Bert Harris

Personal information
- Full name: Albert Walter Allen Harris
- Nickname: Bert
- Born: 9 April 1873 Birmingham, England
- Died: 21 April 1897 (aged 24) Birmingham, England

Team information
- Discipline: Track
- Role: Rider
- Rider type: Sprinter

Amateur team
- 1887–1893: –

Professional team
- 1894–1897: London Polytechnic Cycle Club

Major wins
- Professional Champion

= Bert Harris =

English cyclist (1873–1897)

Albert Walter Allen Harris (9 April 1873 in Birmingham – 21 April 1897 in Birmingham General Hospital) was a professional racing cyclist. He was raised in Leicester and attended Holy Trinity School. He started cycling competitively at the age of 14 and came second in the 'Infirmary Sports' at Aylestone Road Sports Ground (now the Grace Road Cricket Ground) two years later.

==Early life==
Harris was born in Birmingham on 9 April 1873, the son of Walter James and Emma Harris.

==Cyclist==
Harris gained his first major win at Bristol in 1889, completing the Five Mile race in 18 minutes and 25 seconds. Harris broke the records for the mile and three-quarter mile events in 1893 before turning professional in 1894 and joined the London Polytechnic Cycle Club. Harris was coached by Sam Mussabini to his first professional cycling championship victory in 1894. During a race in Cardiff in April 1895, he came off his bicycle and was knocked unconscious for 48 hours. However, by September he was well enough to break the English professional record at Herne Hill Velodrome, completing the half-mile in 57.3 seconds and the mile in 118.3 seconds.

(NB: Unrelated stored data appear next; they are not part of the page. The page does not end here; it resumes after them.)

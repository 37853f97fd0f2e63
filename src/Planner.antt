-- ===== src/Planner.antt =====
-- The planner: the authority gate of src/voodoo_skillset/policy.py, the stages of
-- src/voodoo_skillset/dag.py and the plan check of src/voodoo_skillset/verifier.py.
pub mod Policy
pub mod Stages
pub mod Plans
mod Tests
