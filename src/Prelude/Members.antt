-- ===== src/Prelude/Members.antt =====
-- Membership of texts in lists, by Python's `in`.
use Prim.Native.Nat.{◌≤◌, ◌<◌}
use Prim.Native.String.{String}
use mathlib.Core.Path.{◌≡◌, refl, sym, ap, ◌∙◌}
use mathlib.Core.Logic.{inl, inr}
use mathlib.Core.Bool.{Bool, true, false, ◌&&◌, ◌||◌}
use mathlib.Core.List.{List, [], ◌∷◌, ◌++◌}
use native.Mathlib.Omega.{arith}
use text.Mathlib.Text.{◌==◌}
use text.Mathlib.TextEquality.{eq_iff}
use voodoo_skillset.Prelude.Tests.{if◌then◌else◌, Bool-cases}
use voodoo_skillset.Prelude.Lists.{length, all_of, keep, contains}
use voodoo_skillset.Prelude.Text.{text_before}

pub contains-append :
    (t : String) (us vs : List String) → contains t (us ++ vs) ≡ (contains t us || contains t vs)
contains-append t [] vs = refl
contains-append t (u ∷ us) vs = ground (arith, contains-append t us vs)

same_test : (p : String → Bool) (t u : String) → t == u ≡ true → p u ≡ p t
same_test p t u h = ap p (sym ((eq_iff t u).0 h))

pub contains-keep :
    (p : String → Bool) (t : String) (us : List String)
    → contains t (keep p us) ≡ (contains t us && p t)
contains-keep p t [] = refl
contains-keep p t (u ∷ us) =
    ground (arith, contains-keep p t us, λ (h : t == u ≡ true). same_test p t u h)

pub all_of-member :
    (p : String → Bool) (us : List String) (t : String)
    → all_of p us ≡ true
    → contains t us ≡ true
    → p t ≡ true
all_of-member p [] t a h = absurd (ground arith)
all_of-member p (u ∷ us) t a h = elim (Bool-cases (t == u)) [
  | inl same ↦ sym (same_test p t u same) ∙ ground arith
  | inr other ↦ all_of-member p us t (ground arith) (ground arith)
]

pub all_of_members :
    (p : String → Bool) (us : List String)
    → ((t : String) → contains t us ≡ true → p t ≡ true)
    → all_of p us ≡ true
all_of_members p [] h = refl
all_of_members p (u ∷ us) h =
    ground
      (arith, h u (ground (arith, eq_iff u u)), all_of_members p us (λ t m. h t (ground arith)))

-- Insertion into a sorted list, and Python's `sorted`.
abbrev pub insert_text : String → List String → List String
insert_text t [] = t ∷ []
insert_text t (u ∷ us) =
    let rest = insert_text t us in if text_before u t then u ∷ rest else t ∷ u ∷ us

abbrev pub sorted : List String → List String
sorted [] = []
sorted (t ∷ ts) = insert_text t (sorted ts)

contains-insert_text :
    (t u : String) (us : List String) → contains t (insert_text u us) ≡ (t == u || contains t us)
contains-insert_text t u [] = refl
contains-insert_text t u (v ∷ vs) = ground (arith, contains-insert_text t u vs)

pub contains-sorted : (t : String) (us : List String) → contains t (sorted us) ≡ contains t us
contains-sorted t [] = refl
contains-sorted t (u ∷ us) =
    ground (arith, contains-insert_text t u (sorted us), contains-sorted t us)

-- A set's elements, each once.
abbrev pub distinct : List String → List String
distinct [] = []
distinct (t ∷ ts) = let rest = distinct ts in if contains t rest then rest else t ∷ rest

pub contains-distinct : (t : String) (us : List String) → contains t (distinct us) ≡ contains t us
contains-distinct t [] = refl
contains-distinct t (u ∷ us) = ground (
  arith,
  contains-distinct t us,
  λ (h : t == u ≡ true). ap (λ v. contains v (distinct us)) ((eq_iff t u).0 h),
)

-- No text twice.
abbrev pub IsDistinct : List String → Type 0
IsDistinct [] = Unit
IsDistinct (t ∷ ts) = (contains t ts ≡ false) × IsDistinct ts

pub distinct-IsDistinct : (us : List String) → IsDistinct (distinct us)
distinct-IsDistinct [] = tt
distinct-IsDistinct (u ∷ us) = elim (Bool-cases (contains u (distinct us))) [
  | inl found ↦ rw found (distinct-IsDistinct us)
  | inr missing ↦ rw missing (missing, distinct-IsDistinct us)
]

pub IsDistinct-keep :
    (p : String → Bool) (us : List String) → IsDistinct us → IsDistinct (keep p us)
IsDistinct-keep p [] h = tt
IsDistinct-keep p (u ∷ us) (new, h) = elim (Bool-cases (p u)) [
  | inl kept ↦ rw kept (ground (arith, contains-keep p u us), IsDistinct-keep p us h)
  | inr dropped ↦ rw dropped (IsDistinct-keep p us h)
]

IsDistinct-insert_text :
    (t : String) (us : List String)
    → contains t us ≡ false
    → IsDistinct us
    → IsDistinct (insert_text t us)
IsDistinct-insert_text t [] n h = (refl, tt)
IsDistinct-insert_text t (u ∷ us) n (new, h) = elim (Bool-cases (text_before u t)) [
  | inl before ↦ rw before (
    ground (arith, contains-insert_text u t us, eq_iff u t, eq_iff t u),
    IsDistinct-insert_text t us (ground arith) h,
  )
  | inr after ↦ rw after (n, (new, h))
]

pub sorted-IsDistinct : (us : List String) → IsDistinct us → IsDistinct (sorted us)
sorted-IsDistinct [] h = tt
sorted-IsDistinct (u ∷ us) (new, h) =
    IsDistinct-insert_text u (sorted us) (contains-sorted u us ∙ new) (sorted-IsDistinct us h)

pub append-IsDistinct :
    (us vs : List String)
    → IsDistinct us
    → IsDistinct vs
    → ((t : String) → contains t us ≡ true → contains t vs ≡ false)
    → IsDistinct (us ++ vs)
append-IsDistinct [] vs h k d = k
append-IsDistinct (u ∷ us) vs (new, h) k d = (
  ground (arith, contains-append u us vs, d u (ground (arith, eq_iff u u))),
  append-IsDistinct us vs h k (λ t m. d t (ground arith)),
)

-- What a filter drops makes the list shorter.
pub length-keep : (p : String → Bool) (us : List String) → length (keep p us) ≤ length us
length-keep p [] = omega arith
length-keep p (u ∷ us) = ground (arith, length-keep p us)

pub length-keep_less :
    (p : String → Bool) (us : List String) (t : String)
    → contains t us ≡ true
    → p t ≡ false
    → length (keep p us) < length us
length-keep_less p [] t m h = absurd (ground arith)
length-keep_less p (u ∷ us) t m h = elim (Bool-cases (t == u)) [
  | inl same ↦ ground (arith, length-keep p us, same_test p t u same)
  | inr other ↦ ground (arith, length-keep_less p us t (ground arith) h)
]

-- The parts of a list without repetitions have none, and share nothing.
pub IsDistinct-append :
    (us vs : List String)
    → IsDistinct (us ++ vs)
    → IsDistinct vs × ((t : String) → contains t vs ≡ true → contains t us ≡ false)
IsDistinct-append [] vs h = (h, λ t m. refl)
IsDistinct-append (u ∷ us) vs (new, h) =
    let (rest, apart) = IsDistinct-append us vs h in
    (
      rest,
      λ t m. ground (
        arith,
        apart t m,
        contains-append u us vs,
        λ (q : t == u ≡ true). ap (λ x. contains x vs) ((eq_iff t u).0 q),
      ),
    )
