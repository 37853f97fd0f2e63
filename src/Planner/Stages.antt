-- ===== src/Planner/Stages.antt =====
-- `compose_stages` of src/voodoo_skillset/dag.py: the stages in which the selected capabilities run.
pub mod Ranks
pub mod Order
use voodoo_skillset.Prelude.{
  ℕ, zero, suc, String, Bool, true, false, not, List, [], ◌∷◌, ◌++◌, length, is_empty, all_of, keep,
  contains, str_eq, if◌then◌else◌,
}
use voodoo_skillset.Prelude.Members.{distinct, sorted}

-- DEPENDENCY_RULES
unfoldable pub dependency_rules : String → List String
dependency_rules node =
    if str_eq node "implementer"
    then "architect" ∷ "repo-auditor" ∷ "security-reviewer" ∷ "reality-checker" ∷ []
    else if str_eq node "test-engineer"
    then "implementer" ∷ []
    else if str_eq node "devops-reviewer"
    then "test-engineer" ∷ []
    else []

-- What the last stages do not wait for.
unfoldable pub late_exclusions : String → List String
late_exclusions node =
    if str_eq node "red-team"
    then "red-team" ∷ "independent-verifier" ∷ "evidence-curator" ∷ []
    else "independent-verifier" ∷ "evidence-curator" ∷ []

abbrev pub is_late : String → Bool
is_late node = contains node ("red-team" ∷ "independent-verifier" ∷ "evidence-curator" ∷ [])

-- `deps[x]`, for a set of selected ids.
unfoldable pub deps : List String → String → List String
unfolding dependency_rules late_exclusions
deps selected node =
    keep (λ d. contains d (dependency_rules node)) selected
    ++ (if is_late node then keep (λ d. not (contains d (late_exclusions node))) selected else [])

pub data Composition : Type 0 where
  stages : List (List String) → Composition
  cycle : List String → Composition
  out_of_fuel : Composition

abbrev pub then_stages : List String → Composition → Composition
then_stages ready (stages rest) = stages (ready ∷ rest)
then_stages ready other = other

-- `sorted(x for x in remaining if deps[x]<=completed)`
unfoldable pub ready_of : List String → List String → List String → List String
unfolding deps
ready_of selected remaining completed =
    sorted (keep (λ x. all_of (λ d. contains d completed) (deps selected x)) remaining)

-- The `while` loop, on fuel.
unfoldable pub loop : List String → ℕ → List String → List String → Composition
unfolding ready_of
loop selected fuel [] completed = stages []
loop selected zero (x ∷ xs) completed = out_of_fuel
loop selected (suc fuel) (x ∷ xs) completed =
    let ready = ready_of selected (x ∷ xs) completed in
    if is_empty ready
    then cycle (sorted (x ∷ xs))
    else then_stages ready
        (loop selected fuel (keep (λ y. not (contains y ready)) (x ∷ xs)) (completed ++ ready))

unfoldable pub compose_stages : List String → Composition
unfolding loop
compose_stages selected_ids =
    let selected = distinct selected_ids in loop selected (length selected) selected []

-- The capabilities of all stages.
abbrev pub flat : List (List String) → List String
flat [] = []
flat (st ∷ sts) = st ++ flat sts
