-- ===== src/Planner/Plans.antt =====
-- `verify_plan` of src/voodoo_skillset/verifier.py: what is wrong with a plan.
pub mod Acceptance
pub mod Uncovered
use Prim.Native.String.{◌++◌ as ◌+++◌}
use voodoo_skillset.Prelude.{
  ℕ, suc, String, Bool, true, false, not, ◌&&◌, ◌||◌, Option, none, some, List, [], ◌∷◌, ◌++◌, ◌==◌,
  leb, map, length, all_of, contains, if◌then◌else◌,
}
use voodoo_skillset.Prelude.Members.{distinct}
use voodoo_skillset.Python.{Result, ok, err, PyError, key_error}
use voodoo_skillset.Planner.Stages.{flat}

-- The fields of the two records that `verify_plan` reads.
pub record Selection : Type 0 where
  pub capability_id : String

pub record ExecutionPlan : Type 0 where
  pub selections : List Selection
  pub stages : List (List String)
  pub blockers : List String

abbrev pub ids_of : ExecutionPlan → List String
ids_of plan = map (λ (s : Selection). s.capability_id) plan.selections

-- `set(a) != set(b)`
abbrev pub differ : List String → List String → Bool
differ as_ bs = not (all_of (λ a. contains a bs) as_ && all_of (λ b. contains b as_) bs)

-- `where.get(x)`: the last of the stages from number `i` on that has `x`.
unfoldable pub position : String → ℕ → List (List String) → Option ℕ
position x i [] = none
position x i (st ∷ sts) =
    let later = position x (suc i) sts in
    elim later [ none ↦ if contains x st then some i else none | some j ↦ some j ]

abbrev pub when : Bool → String → List String
when true problem = problem ∷ []
when false problem = []

-- `a in where and b in where and where[a] >= where[b]`
abbrev pub not_before : Option ℕ → Option ℕ → Bool
not_before (some i) (some j) = leb j i
not_before _ _ = false

-- One round of the loop for "independent-verifier", which stands in stage `v`.
unfoldable pub late_problem : List (List String) → ℕ → String → Result (List String)
unfolding position
late_problem stages v x =
    let found = position x 0 stages in
    if contains x ("independent-verifier" ∷ "evidence-curator" ∷ []) then ok [] else elim found [
      | none ↦ err (key_error x)
      | some i ↦ ok (when (leb v i) ("verifier must run after " +++ x))
    ]

unfoldable pub late_problems : List (List String) → ℕ → List String → Result (List String)
unfolding late_problem
late_problems stages v [] = ok []
late_problems stages v (x ∷ xs) =
    let rest = late_problems stages v xs in
    elim (late_problem stages v x) [
      | err e ↦ err e
      | ok ps ↦ elim rest [ err e ↦ err e | ok qs ↦ ok (ps ++ qs) ]
    ]

unfoldable pub verifier_problems : List (List String) → List String → Result (List String)
unfolding late_problems
verifier_problems stages ids = elim (position "independent-verifier" 0 stages) [
  | none ↦ ok []
  | some v ↦ late_problems stages v ids
]

-- The problems that are found before the loop.
unfoldable pub cover_problems : ExecutionPlan → Bool → List String
unfolding position
cover_problems plan require_verifier =
    let together = flat plan.stages in
    when (not (length together == length (distinct together))) "duplicate capability in DAG"
    ++ (when (differ together (ids_of plan)) "DAG does not cover selected workers"
        ++ (when (require_verifier && not (contains "independent-verifier" (ids_of plan)))
              "independent verifier missing"
            ++ when
                (not_before (position "implementer" 0 plan.stages)
                  (position "test-engineer" 0 plan.stages))
                "tests must run after implementer"))

-- The problems: the plan is good where there are none.
unfoldable pub verify_plan : ExecutionPlan → Bool → Result (List String)
unfolding cover_problems verifier_problems
verify_plan plan require_verifier = elim (verifier_problems plan.stages (ids_of plan)) [
  | err e ↦ err e
  | ok late ↦ ok (cover_problems plan require_verifier ++ (late ++ plan.blockers))
]
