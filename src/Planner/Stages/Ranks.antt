-- ===== src/Planner/Stages/Ranks.antt =====
-- How late each capability of src/voodoo_skillset/dag.py can come, so that what it depends on comes
-- earlier.
use voodoo_skillset.Prelude.{
  ℕ, String, true, false, ◌≡◌, inl, inr, refl, ap, ◌∙◌, arith, ◌≤◌, ◌<◌, contains, str_eq, eq_iff,
  Bool-cases, if◌then◌else◌,
}
use voodoo_skillset.Planner.Stages.{dependency_rules, late_exclusions, is_late}

-- How late a capability can come.
pub rank : String → ℕ
rank x =
    if str_eq x "implementer"
    then 1
    else if str_eq x "test-engineer"
    then 2
    else if str_eq x "devops-reviewer"
    then 3
    else if str_eq x "red-team"
    then 4
    else if str_eq x "independent-verifier"
    then 5
    else if str_eq x "evidence-curator"
    then 5
    else 0

rank_of : (x t : String) (n : ℕ) → rank t ≡ n → str_eq x t ≡ true → rank x ≡ n
unfolding rank
rank_of x t n e h = ap rank ((eq_iff x t).0 h) ∙ e

pub rank_equal : (x y : String) → str_eq y x ≡ true → rank y ≡ rank x
rank_equal x y h = ap rank ((eq_iff y x).0 h)

pub rules_rank : (x d : String) → contains d (dependency_rules x) ≡ true → rank d < rank x
unfolding dependency_rules rank
rules_rank x d h = ground (
  arith,
  rank_of d "architect" 0 refl,
  rank_of d "repo-auditor" 0 refl,
  rank_of d "security-reviewer" 0 refl,
  rank_of d "reality-checker" 0 refl,
  rank_of d "implementer" 1 refl,
  rank_of d "test-engineer" 2 refl,
)

rank_last :
    (d : String)
    → str_eq d "independent-verifier" ≡ false
    → str_eq d "evidence-curator" ≡ false
    → rank d ≤ 4
unfolding rank
rank_last d f e = ground arith

rank_before_last :
    (d : String)
    → str_eq d "red-team" ≡ false
    → str_eq d "independent-verifier" ≡ false
    → str_eq d "evidence-curator" ≡ false
    → rank d ≤ 3
unfolding rank
rank_before_last d g f e = ground arith

red_team_rank :
    (x d : String)
    → str_eq x "red-team" ≡ true
    → contains d (late_exclusions x) ≡ false
    → rank d < rank x
unfolding late_exclusions rank
red_team_rank x d q e = omega (
  arith,
  rank_of x "red-team" 4 refl q,
  rank_before_last d (ground arith) (ground arith) (ground arith),
)

last_rank : (x : String) → is_late x ≡ true → str_eq x "red-team" ≡ false → rank x ≡ 5
unfolding rank
last_rank x h q = elim (Bool-cases (str_eq x "independent-verifier")) [
  | inl verifier ↦ rank_of x "independent-verifier" 5 refl verifier
  | inr other ↦ rank_of x "evidence-curator" 5 refl (ground arith)
]

pub late_rank :
    (x d : String) → is_late x ≡ true → contains d (late_exclusions x) ≡ false → rank d < rank x
unfolding late_exclusions
late_rank x d h e = elim (Bool-cases (str_eq x "red-team")) [
  | inl red ↦ red_team_rank x d red e
  | inr other ↦ omega (arith, last_rank x h other, rank_last d (ground arith) (ground arith))
]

Harris competed alongside the big names in cycling in Australia during the southern summer of 1895-1896, receiving £400 for winning one race alone. On average he earned £15 a week. He was so successful that people began to refer to 1896 as Harris Year.

==Death==
Harris' last event was a ten-mile race on Easter Monday in 1897. About four miles into the race he came off his bicycle after a wheel buckled and struck his head on the hard surface. He died two days later without regaining consciousness.

His funeral was held on 26 April which included a cortege from his home at Portsmouth Road in the Belgrave district of Leicester to the Welford Road cemetery two miles away. The Leicester Chronicle reported it as "Such a scene at a funeral has never been equalled in Leicester" with crowds of people ("tens of thousands") turned out along the route. As the cortege arrived at Welford Road it was joined by representative gathering of cyclists and athletes from the midlands area.

==Harris' remembrance==
A memorial erected at Welford Road Cemetery, Leicester is evidence of popularity:
|
"This memorial stone is erected by the cyclists of England in token of the sincere respect and esteem in which he was held by wheelmen the world over. He was ever a fair and honourable rider and sportsman and his lamented death cut off in its prime one of the brightest and most genial spirits of cycledom. He fell on the racing path at Aston on Easter Monday 1897 and succumbed to his injuries at the General Hospital Birmingham April 21, 1897 aged 24 years."
 |
Dick Swann wrote a book titled Bert Harris of the Poly: A Cycling Legend which was published by V Harvey in January 1974. ISBN 978-0-85544-010-7

Roger Lovell, a Leicester businessman is hoping to raise £30,000 in order to erect a public statue to commemorate Harris. Lovell also approached the BBC to film a drama documentary, which was subsequently made by Victorian reconstructionists on location in Leicester. In a bizarre coincidence, the actor who played Harris turned out to be his descendant.